= Supplied data =

===============

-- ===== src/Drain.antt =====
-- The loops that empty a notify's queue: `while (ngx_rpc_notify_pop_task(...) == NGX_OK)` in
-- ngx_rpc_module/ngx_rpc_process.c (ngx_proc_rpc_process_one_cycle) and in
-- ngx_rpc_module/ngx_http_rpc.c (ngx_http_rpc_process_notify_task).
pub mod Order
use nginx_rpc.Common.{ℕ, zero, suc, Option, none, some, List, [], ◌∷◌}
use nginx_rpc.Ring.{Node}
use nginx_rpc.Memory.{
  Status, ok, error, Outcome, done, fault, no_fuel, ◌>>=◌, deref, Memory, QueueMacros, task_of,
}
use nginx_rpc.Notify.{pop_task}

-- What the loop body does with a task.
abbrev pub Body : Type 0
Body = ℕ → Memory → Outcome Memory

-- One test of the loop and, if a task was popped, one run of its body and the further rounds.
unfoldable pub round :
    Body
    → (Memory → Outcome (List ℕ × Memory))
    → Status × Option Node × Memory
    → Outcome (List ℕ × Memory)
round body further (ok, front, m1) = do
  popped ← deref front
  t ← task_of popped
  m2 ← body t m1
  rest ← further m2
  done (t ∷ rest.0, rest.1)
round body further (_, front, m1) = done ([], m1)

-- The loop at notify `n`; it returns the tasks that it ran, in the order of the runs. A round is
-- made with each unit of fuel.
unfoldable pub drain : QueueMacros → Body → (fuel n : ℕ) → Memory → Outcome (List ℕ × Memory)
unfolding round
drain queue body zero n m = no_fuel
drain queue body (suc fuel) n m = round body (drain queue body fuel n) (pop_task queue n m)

===============

= Work instructions =
Give back, exactly and with nothing added, the lines from the line containing "-- The loop at" through the final line of the records above, both of them included.

= Task result =
-- The loop at notify `n`; it returns the tasks that it ran, in the order of the runs. A round is
-- made with each unit of fuel.
unfoldable pub drain : QueueMacros → Body → (fuel n : ℕ) → Memory → Outcome (List ℕ × Memory)
unfolding round
drain queue body zero n m = no_fuel
drain queue body (suc fuel) n m = round body (drain queue body fuel n) (pop_task queue n m)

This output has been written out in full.